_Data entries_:
===============

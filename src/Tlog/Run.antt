-- ===== src/Tlog/Run.antt =====
-- trusted-log/main.cc: the runs of the leader and of a follower, laid out as for the other protocols:
-- `rounds` lists what each run of the event loop delivers. A loop that waits for a condition answers
-- whether it was met before the deliveries ended.
use replication_protos.Prelude.{
  ℕ, zero, suc, ◌*◌, ◌/◌, ◌%◌, Bool, true, false, ◌&&◌, List, [], ◌∷◌, ◌++◌, ◌==◌, if◌then◌else◌,
  Bytes, zeros, u64_mod,
}
use replication_protos.Outcome.{Outcome, ok, ◌>>=◌}
use replication_protos.Attest.{Platform}
use replication_protos.Rpc.{add_session}
use replication_protos.Batch
use replication_protos.Tlog.Format.{msg_size, hash_size}
use replication_protos.Tlog.Log
use replication_protos.Tlog.Metadata.{Metadata, batch_count, log_entry, log_audit}
use replication_protos.Tlog.Node.{
  AppContext, Event, proposed, terminated, prp_response, terminate_response, leader, follower,
  send_req, send_req_finito, flash_batcher, cont_func_prp, cont_func_terminate, req_handler_prp,
  req_handler_finito,
}

module _ (openssl : Bytes → Bytes → Bytes) (platform : Platform) where
  unfoldable pub dispatch : Event → AppContext → Outcome AppContext
  dispatch (proposed b uninit) ctx = req_handler_prp openssl platform b uninit ctx
  dispatch (terminated ack resp) ctx = req_handler_finito openssl platform ack resp ctx
  dispatch (prp_response b uninit) ctx = cont_func_prp openssl platform b uninit ctx
  dispatch terminate_response ctx = ok (cont_func_terminate ctx)

  unfoldable pub dispatch_all : List Event → AppContext → Outcome AppContext
  dispatch_all [] ctx = ok ctx
  dispatch_all (e ∷ es) ctx = do ctx' ← dispatch e ctx; dispatch_all es ctx'

  unfoldable pub run_event_loop :
      AppContext → List (List Event) → Outcome (AppContext × List (List Event))
  run_event_loop ctx [] = ok (ctx, [])
  run_event_loop ctx (es ∷ rounds) = do ctx' ← dispatch_all es ctx; ok (ctx', rounds)

  unfoldable pub run_rounds :
      ℕ → AppContext → List (List Event) → Outcome (AppContext × List (List Event))
  run_rounds zero ctx rounds = ok (ctx, rounds)
  run_rounds (suc n) ctx rounds = do
    (ctx', rounds') ← run_event_loop ctx rounds
    run_rounds n ctx' rounds'

  unfoldable pub poll : AppContext → List (List Event) → Outcome (AppContext × List (List Event))
  poll ctx rounds = do
    (ctx', rounds') ←
        (if ctx.enqueued_msgs_cnt % 2 == 0 then run_rounds 10 ctx rounds else ok (ctx, rounds))
    if ctx'.enqueued_msgs_cnt % 2 == 10 then run_event_loop ctx' rounds' else ok (ctx', rounds')

  unfoldable pub create_session :
      ℕ → ℕ → AppContext → List (List Event) → Outcome (AppContext × List (List Event))
  create_session session rem_node_id ctx rounds =
      run_event_loop (record ctx { connections = add_session rem_node_id session ctx.connections })
        rounds

  -- The followers with the numbers of their sessions: one is added as soon as it is connected.
  unfoldable pub connect_all :
      List (ℕ × ℕ) → AppContext → List (List Event) → Outcome (AppContext × List (List Event))
  connect_all [] ctx rounds = ok (ctx, rounds)
  connect_all ((id, session) ∷ uris) ctx rounds = do
    (linked, rounds') ← create_session session id ctx rounds
    let metadata = record linked.metadata { followers = linked.metadata.followers ++ (id ∷ []) }
    connect_all uris (record linked { metadata = metadata }) rounds'

  module _ (audit : Bool) where
    -- `left` more requests, from index `i` on.
    unfoldable pub send_loop :
        ℕ → ℕ → AppContext → List (List Event) → Outcome (AppContext × List (List Event))
    send_loop zero i ctx rounds = ok (ctx, rounds)
    send_loop (suc left) i ctx rounds = do
      sent ← send_req openssl platform audit i ctx.metadata.followers ctx
      (ctx', rounds') ← poll sent rounds
      send_loop left (suc i) ctx' rounds'

    -- The first loop at the end: until all replies are there. `uninit` is what the requests to
    -- terminate hold.
    unfoldable pub await_replies :
        Bytes → ℕ → AppContext → List (List Event) → Outcome (AppContext × List (List Event) × Bool)
    await_replies uninit reqs_num ctx [] = ok (ctx, [], false)
    await_replies uninit reqs_num ctx (es ∷ rounds) = do
      heard ← dispatch_all es ctx
      metadata ← log_audit openssl platform audit heard.metadata
      let audited : AppContext = record heard { metadata = metadata }
      if audited.count_replies * batch_count % u64_mod == reqs_num * 2
          then (do
            (ctx', rounds') ←
                run_event_loop
                  (send_req_finito openssl platform uninit audited.metadata.followers audited)
                  rounds
            ok (ctx', rounds', true))
          else await_replies uninit reqs_num audited rounds

    -- The second: until the log is complete and both followers have terminated.
    unfoldable pub await_termination :
        ℕ → AppContext → List (List Event) → Outcome (AppContext × Bool)
    await_termination reqs_num ctx [] = ok (ctx, false)
    await_termination reqs_num ctx (es ∷ rounds) = do
      metadata ← log_audit openssl platform audit ctx.metadata
      heard ← dispatch_all es (record ctx { metadata = metadata })
      if Log.get_log_size heard.metadata.tlog == reqs_num * 2 && heard.finished_nodes == 2
          then ok (heard, true)
          else await_termination reqs_num heard rounds

    unfoldable pub leader_func :
        Bytes → ℕ → List (ℕ × ℕ) → AppContext → List (List Event) → Outcome (AppContext × Bool)
    leader_func uninit reqs_num uris ctx rounds = do
      (linked, r1) ← connect_all uris ctx rounds
      (started, r2) ← run_event_loop linked r1
      (sent, r3) ← send_loop reqs_num 0 started r2
      flashed ← flash_batcher openssl platform sent.metadata.followers sent
      (heard, r4, complete) ← await_replies uninit reqs_num flashed r3
      if complete then await_termination reqs_num heard r4 else ok (heard, false)

  unfoldable pub poll_loop :
      ℕ → AppContext → List (List Event) → Outcome (AppContext × List (List Event))
  poll_loop zero ctx rounds = ok (ctx, rounds)
  poll_loop (suc left) ctx rounds = do
    (ctx', rounds') ← poll ctx rounds
    poll_loop left ctx' rounds'

  -- The loop of a follower at the end: until it is told to stop.
  unfoldable pub await_stop : AppContext → List (List Event) → Outcome (AppContext × Bool)
  await_stop ctx [] = ok (ctx, false)
  await_stop ctx (es ∷ rounds) = do
    heard ← dispatch_all es ctx
    if heard.stop then ok (heard, true) else await_stop heard rounds

  unfoldable pub follower_func : ℕ → AppContext → List (List Event) → Outcome (AppContext × Bool)
  follower_func reqs_num ctx rounds = do
    (started, r1) ← run_event_loop ctx rounds
    (polled, r2) ← poll_loop reqs_num started r1
    await_stop polled r2

-- The metadata and the context that `proto_func` makes, and its branch of the process id.
unfoldable pub new_metadata : ℕ → Metadata
new_metadata reqs_num = record {
  witness_meta = (1, 0) ∷ (2, 0) ∷ [];
  last_state_cmt = 0;
  leader = follower;
  cmt_idx = 0;
  followers = [];
  mock_h1 = zeros hash_size;
  mock_h2 = zeros hash_size;
  tlog = Log.init log_entry (log_entry * reqs_num * 4 / batch_count);
  f1_last_state = zeros hash_size;
  f2_last_state = zeros hash_size;
}

unfoldable pub new_context : ℕ → ℕ → ℕ → AppContext
new_context reqs_num process_id thread_id = record {
  node_id = process_id;
  instance_id = thread_id;
  batcher = Batch.init batch_count msg_size;
  metadata = new_metadata reqs_num;
  count_replies = 0;
  finished_nodes = 0;
  stop = false;
  enqueued_msgs_cnt = 0;
  connections = [];
  prp_count = 0;
  trace = [];
}

unfoldable pub proto_func :
    (Bytes → Bytes → Bytes)
    → Platform
    → Bool
    → Bytes
    → ℕ
    → ℕ
    → ℕ
    → ℕ × ℕ
    → List (List Event)
    → Outcome (AppContext × Bool)
proto_func openssl platform audit uninit reqs_num process_id thread_id (s1, s2) rounds =
    let ctx = new_context reqs_num process_id thread_id in
    if process_id == leader
    then leader_func openssl platform audit uninit reqs_num ((1, s1) ∷ (2, s2) ∷ []) ctx rounds
    else follower_func openssl platform reqs_num ctx rounds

===============

_TASK GOAL_: Among the records above, repeat exactly the line with "unfoldable pub dispatch_all", the line with "run_event_loop ctx [] = ok (ctx, [])", and every line in between, and only those.

_EXERCISE OUTPUT_:
  unfoldable pub dispatch_all : List Event → AppContext → Outcome AppContext
  dispatch_all [] ctx = ok ctx
  dispatch_all (e ∷ es) ctx = do ctx' ← dispatch e ctx; dispatch_all es ctx'

  unfoldable pub run_event_loop :
      AppContext → List (List Event) → Outcome (AppContext × List (List Event))
  run_event_loop ctx [] = ok (ctx, [])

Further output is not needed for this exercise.